Center for Medicine in the Public Interest
- Abbreviation: CMPI
- Type: non-profit medical issues research group think tank
- Headquarters: New York City, United States
- Key people: Robert Goldberg; Gad Berdugo; Fred Goodwin; Steven Sammut; Mark Thornton; Michael Weber;
- Revenue: $353,000 (2014)
- Expenses: $373,744 (2014)
- Website: cmpi.org

= Center for Medicine in the Public Interest =

The Center for Medicine in the Public Interest (CMPI) is a non-profit medical issues research group. It was founded by the "free-market think tank" Pacific Research Institute. CMPI's research agenda deals with clinical outcomes and econometric studies that analyze the value of new medicines and genomic and molecular-based medical innovation.

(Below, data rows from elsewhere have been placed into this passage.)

-- ===== src/Encoder/BitField/Decode.antt =====
-- What the encoders of bit fields emit, read back by the decoder.
use bcpl.Prelude.{
  ℕ, ◌+◌, ◌-◌, ◌*◌, ◌^◌, ◌%◌, ◌<◌, ◌≤◌, ◌≡◌, ◌∙◌, ap, arith, Bool, true, false, not, same, sym,
  subst, inl, inr, refl, ◌⊎◌, Text, codes, ok, >>=-eq-ok, ok-injective, some, throw_if,
  invalid_argument, throw_if-eq-ok, if◌then◌else◌,
}
use bcpl.Prelude.Int.{ℤ, pos, negsuc, pos_part, neg_part, wrap, sub_ℕ}
use bcpl.BitPatcher.Fields.{patch_fresh}
use bcpl.Instruction.{Instruction, OpType}
use bcpl.Arm64.{Asm, ubfm, sbfm, decode, decode_at, class_decode, bitfield}
use bcpl.Encoder.Registers.{get_reg_encoding, get_reg_encoding-le}
use bcpl.Encoder.Operands.Fits.{bit, bit-le, patch_sf_lem}
use bcpl.Encoder.Branch.{starts_with_x}
use bcpl.Encoder.BitField.{
  datasize, add_ℤ, not_position, not_width, patch_bit_field, finish_bit_field, extract_bit_field,
  opt_create_ubfx, opt_create_sbfx, opt_create_asr_imm,
}

unfoldable pub field_word : ℕ → Bool → ℕ → ℕ → ℕ → ℕ → ℕ
field_word base sf immr imms rn rd =
    base + bit sf * 2 ^ 31 + bit sf * 2 ^ 22 + immr * 2 ^ 16 + imms * 2 ^ 10 + rn * 2 ^ 5 + rd

module _ (sf : Bool) (immr imms rn rd : ℕ) (hr : immr < 64) (hs : imms < 64) (hn : rn ≤ 31)
    (hd : rd ≤ 31) where
  pub decode_ubfm :
      decode (field_word 0x53000000 sf immr imms rn rd) ≡ some (ubfm sf rd rn immr imms)
  unfolding field_word class_decode bitfield
  decode_ubfm =
      decode_at (field_word 0x53000000 sf immr imms rn rd) 38 (omega (arith, bit-le)) ∙ ground arith

  decode_sbfm : decode (field_word 0x13000000 sf immr imms rn rd) ≡ some (sbfm sf rd rn immr imms)
  unfolding field_word class_decode bitfield
  decode_sbfm =
      decode_at (field_word 0x13000000 sf immr imms rn rd) 38 (omega (arith, bit-le)) ∙ ground arith

  -- The fields of both base opcodes are zero.
  patch_bit_field_lem :
      (base : ℕ)
      → (base ≡ 0x53000000) ⊎ (base ≡ 0x13000000)
      → patch_bit_field base sf immr imms rn rd ≡ ok (field_word base sf immr imms rn rd)
  unfolding patch_bit_field field_word
  patch_bit_field_lem base known =
      let b : (if sf then 1 else 0) ≡ bit sf = ground arith in
      let small : base < 2 ^ 31 = ground arith in
      let clear : base % 2 ^ 23 ≡ 0 = ground arith in
      let w0 = base + bit sf * 2 ^ 31 in
      let w1 = w0 + bit sf * 2 ^ 22 in
      let w2 = w1 + immr * 2 ^ 16 in
      let w3 = w2 + imms * 2 ^ 10 in
      let w4 = w3 + rn * 2 ^ 5 in
      rw
        (
          patch_sf_lem sf base small,
          b,
          patch_fresh w0 (bit sf) 22 1 (omega (arith, bit-le)) (omega arith) (omega arith)
              (omega (arith, bit-le)) (omega (arith, bit-le)),
          patch_fresh w1 immr 16 6 (omega (arith, bit-le)) (omega arith) (omega arith) hr
              (omega (arith, bit-le)),
          patch_fresh w2 imms 10 6 (omega (arith, bit-le)) (omega arith) (omega arith) hs
              (omega (arith, bit-le)),
          patch_fresh w3 rn 5 5 (omega (arith, bit-le)) (omega arith) (omega arith) (omega arith)
              (omega (arith, bit-le)),
          patch_fresh w4 rd 0 5 (omega (arith, bit-le)) (omega arith) (omega arith) (omega arith)
              (omega (arith, bit-le)),
        )
        (ap ok (omega arith))

pub position_lem :
    (sf : Bool) (v : ℤ)
    → not_position sf v ≡ false
    → (v ≡ pos (pos_part v)) × (pos_part v < datasize sf) × (wrap 32 v ≡ pos_part v)
position_lem true (pos n) h = ground arith
position_lem false (pos n) h = ground arith
position_lem sf (negsuc n) h = absurd (ground arith)

last_position : ℤ → ℤ → ℕ
last_position lsb width =
    wrap 32 (sub_ℕ (pos_part (add_ℤ lsb width)) (neg_part (add_ℤ lsb width) + 1))

-- A field that the checks let through lies inside the register.
width_lem :
    (sf : Bool) (l : ℕ) (width : ℤ)
    → l < datasize sf
    → not_width sf (pos l) width ≡ false
    → (width ≡ pos (pos_part width))
      × (1 ≤ pos_part width)
      × (l + pos_part width ≤ datasize sf)
      × (last_position (pos l) width ≡ l + pos_part width - 1)
unfolding last_position
width_lem true l (pos w) small h = ground arith
width_lem false l (pos w) small h = ground arith
width_lem sf l (negsuc w) small h = absurd (ground arith)

pub datasize-le : (sf : Bool) → datasize sf ≤ 64
datasize-le sf = ground arith

pub finish_bit_field-encoding :
    (op : OpType) (xd xn : Text) (i : ℤ) (word : ℕ) (text : Text) {instr : Instruction}
    → finish_bit_field op xd xn i word text ≡ ok instr
    → instr.encoding ≡ word
unfolding finish_bit_field
finish_bit_field-encoding op xd xn i word text e =
    let (a, ea, e1) = >>=-eq-ok (get_reg_encoding xd) _ e in
    let (b, eb, e2) = >>=-eq-ok (get_reg_encoding xn) _ e1 in
    ap (λ (j : Instruction). j.encoding) (sym (ok-injective e2))

-- The field from bit `lsb` on lies inside the register, and the word holds its first and last bit.
pub Extracts : (ℕ → ℕ → ℕ → ℕ → Asm) → Text → Text → ℤ → ℤ → Instruction → Type 0
Extracts asm xd xn lsb width instr =
    (rd rn : ℕ) × (get_reg_encoding xd ≡ ok rd)
    × (get_reg_encoding xn ≡ ok rn)
    × (lsb ≡ pos (pos_part lsb))
    × (width ≡ pos (pos_part width))
    × (1 ≤ pos_part width)
    × (pos_part lsb + pos_part width ≤ datasize (starts_with_x xd))
    × (decode instr.encoding ≡ some (asm rd rn (pos_part lsb) (pos_part lsb + pos_part width - 1)))

pub word_lem :
    (base : ℕ) (sf : Bool) (immr imms rn rd : ℕ) {a b word : ℕ}
    → immr < 64
    → imms < 64
    → rn ≤ 31
    → rd ≤ 31
    → (base ≡ 0x53000000) ⊎ (base ≡ 0x13000000)
    → a ≡ immr
    → b ≡ imms
    → patch_bit_field base sf a b rn rd ≡ ok word
    → word ≡ field_word base sf immr imms rn rd
word_lem base sf immr imms rn rd hr hs hn hd known ea eb e =
    ok-injective
      (sym e ∙ rw (ea, eb) (patch_bit_field_lem sf immr imms rn rd hr hs hn hd base known))

extract_lem :
    (base : ℕ) (op : OpType) (mnemonic xd xn : Text) (lsb width : ℤ) (asm : ℕ → ℕ → ℕ → ℕ → Asm)
    {instr : Instruction}
    → (base ≡ 0x53000000) ⊎ (base ≡ 0x13000000)
    → ((immr imms rn rd : ℕ)
        → immr < 64
        → imms < 64
        → rn ≤ 31
        → rd ≤ 31
        → decode (field_word base (starts_with_x xd) immr imms rn rd) ≡ some (asm rd rn immr imms))
    → extract_bit_field base op mnemonic xd xn lsb width ≡ ok instr
    → Extracts asm xd xn lsb width instr
unfolding extract_bit_field Extracts last_position
extract_lem base op mnemonic xd xn lsb width asm known decoded e =
    let sf = starts_with_x xd in
    let (rd, ed, e1) = >>=-eq-ok (get_reg_encoding xd) _ e in
    let (rn, en, e2) = >>=-eq-ok (get_reg_encoding xn) _ e1 in
    let (u, eu, e3) =
      >>=-eq-ok (throw_if (not (same sf (starts_with_x xn))) invalid_argument) _ e2 in
    let (v, ev, e4) = >>=-eq-ok (throw_if (not_position sf lsb) invalid_argument) _ e3 in
    let (w, ew, e5) = >>=-eq-ok (throw_if (not_width sf lsb width) invalid_argument) _ e4 in
    let (el, small, wl) =
      position_lem sf lsb (throw_if-eq-ok (not_position sf lsb) invalid_argument ev) in
    let (ewd, one, inside, last) = width_lem sf (pos_part lsb) width small (
      subst (λ (i : ℤ). not_width sf i width ≡ false) el
        (throw_if-eq-ok (not_width sf lsb width) invalid_argument ew)) in
    let last' =
      subst (λ (i : ℤ). last_position i width ≡ pos_part lsb + pos_part width - 1) (sym el) last in
    let (word, ep, e6) =
      >>=-eq-ok (patch_bit_field base sf (wrap 32 lsb) (last_position lsb width) rn rd) _ e5 in
    let hd = get_reg_encoding-le xd ed in
    let hn = get_reg_encoding-le xn en in
    let size = datasize-le sf in
    let first = pos_part lsb in
    let final = pos_part lsb + pos_part width - 1 in
    let hf : first < 64 = omega (arith, small, size) in
    let hl : final < 64 = omega (arith, one, inside, size) in
    let same_word = word_lem base sf first final rn rd hf hl hn hd known wl last' ep in
    (
      rd,
      rn,
      ed,
      en,
      el,
      ewd,
      one,
      inside,
      ap decode (finish_bit_field-encoding op xd xn lsb word _ e6 ∙ same_word)
          ∙ decoded first final rn rd hf hl hn hd,
    )

-- Every word that the UBFX encoder makes decodes to UBFM of its two operands, at their size, with the
-- first and the last bit of the field that was asked for, which lies inside the register.
pub opt_create_ubfx-decode :
    (xd xn : Text) (lsb width : ℤ) {instr : Instruction}
    → opt_create_ubfx xd xn lsb width ≡ ok instr
    → Extracts (ubfm (starts_with_x xd)) xd xn lsb width instr
unfolding opt_create_ubfx
opt_create_ubfx-decode xd xn lsb width e =
    extract_lem 0x53000000 OpType.ubfx (codes "UBFX") xd xn lsb width (ubfm (starts_with_x xd))
      (inl refl) (decode_ubfm (starts_with_x xd)) e

-- The same for SBFX and SBFM.
pub opt_create_sbfx-decode :
    (xd xn : Text) (lsb width : ℤ) {instr : Instruction}
    → opt_create_sbfx xd xn lsb width ≡ ok instr
    → Extracts (sbfm (starts_with_x xd)) xd xn lsb width instr
unfolding opt_create_sbfx
opt_create_sbfx-decode xd xn lsb width e =
    extract_lem 0x13000000 OpType.sbfx (codes "SBFX") xd xn lsb width (sbfm (starts_with_x xd))
      (inr refl) (decode_sbfm (starts_with_x xd)) e

-- Every word that the ASR (immediate) encoder makes decodes to SBFM of its two operands, at their
-- size, from the bit that was asked for to the highest bit of the register.
pub opt_create_asr_imm-decode :
    (xd xn : Text) (shift_amount : ℤ) {instr : Instruction}
    → opt_create_asr_imm xd xn shift_amount ≡ ok instr
    → (rd rn : ℕ) × (get_reg_encoding xd ≡ ok rd)
      × (get_reg_encoding xn ≡ ok rn)
      × (shift_amount ≡ pos (pos_part shift_amount))
      × (pos_part shift_amount < datasize (starts_with_x xd))
      × (decode instr.encoding
          ≡ some (
              sbfm
                (starts_with_x xd)
                rd
                rn
                (pos_part shift_amount)
                (datasize (starts_with_x xd) - 1)))
unfolding opt_create_asr_imm
opt_create_asr_imm-decode xd xn shift_amount e =
    let sf = starts_with_x xd in
    let (rd, ed, e1) = >>=-eq-ok (get_reg_encoding xd) _ e in
    let (rn, en, e2) = >>=-eq-ok (get_reg_encoding xn) _ e1 in
    let (u, eu, e3) =
      >>=-eq-ok (throw_if (not (same sf (starts_with_x xn))) invalid_argument) _ e2 in
    let (v, ev, e4) = >>=-eq-ok (throw_if (not_position sf shift_amount) invalid_argument) _ e3 in
    let (el, small, wl) =
      position_lem sf shift_amount
        (throw_if-eq-ok (not_position sf shift_amount) invalid_argument ev) in
    let (word, ep, e6) =
      >>=-eq-ok (patch_bit_field 0x13000000 sf (wrap 32 shift_amount) (datasize sf - 1) rn rd) _
        e4 in
    let hd = get_reg_encoding-le xd ed in
    let hn = get_reg_encoding-le xn en in
    let first = pos_part shift_amount in
    let hf : first < 64 = omega (arith, small, datasize-le sf) in
    let hl : datasize sf - 1 < 64 = omega (arith, datasize-le sf) in
    let same_word =
      word_lem 0x13000000 sf first (datasize sf - 1) rn rd hf hl hn hd (inr refl) wl refl ep in
    (
      rd,
      rn,
      ed,
      en,
      el,
      small,
      ap decode (finish_bit_field-encoding OpType.asr xd xn shift_amount word _ e6 ∙ same_word)
          ∙ decode_sbfm sf first (datasize sf - 1) rn rd hf hl hn hd,
    )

CMPI is a 501(c)(3) organization and as such is not permitted to devote a substantial part of its activity to lobbying. Its officers have written articles on various issues including price controls on pharmaceutical products in publicly funded healthcare schemes in the United States, and restrictions on advertising in the European Union. The Economist Intelligence Unit has written that the organisation generally takes a pro-drug industry viewpoint.

==Issues==
===Universal healthcare===
CMMPI is a strong opponent of universal healthcare and favors a free-market approach to health care policy. The center created a website called BigGovHealth.org to tell the stories of people who faced difficulties with the health care systems in Europe and Canada. The site also included interviews with health policy experts in Europe and Canada. The website is no longer up, now showing a page where you can offer to purchase the domain.

===Drug imports===
The group opposes the importation of drugs in order to lower prices in the United States, arguing in part that Canadian pharmaceutical companies' products are dangerous because they are not regulated by the FDA but by foreign government agencies.

==Personnel==

CMPI was founded by Peter Pitts, former FDA Associate Commissioner for External Relations under the Bush administration, and Dr. Robert Goldberg, former fellow at the Manhattan Institute.

CMPI Senior Fellows include:

- Jacob Arfwedson

==Funding==
Funders include PhRMA and Pfizer.

==Reports==

CMPI has published studies on the value of new cancer drugs, the cost-effectiveness of certain
Alzheimer's treatments, evidence-based medicine, and drug counterfeiting.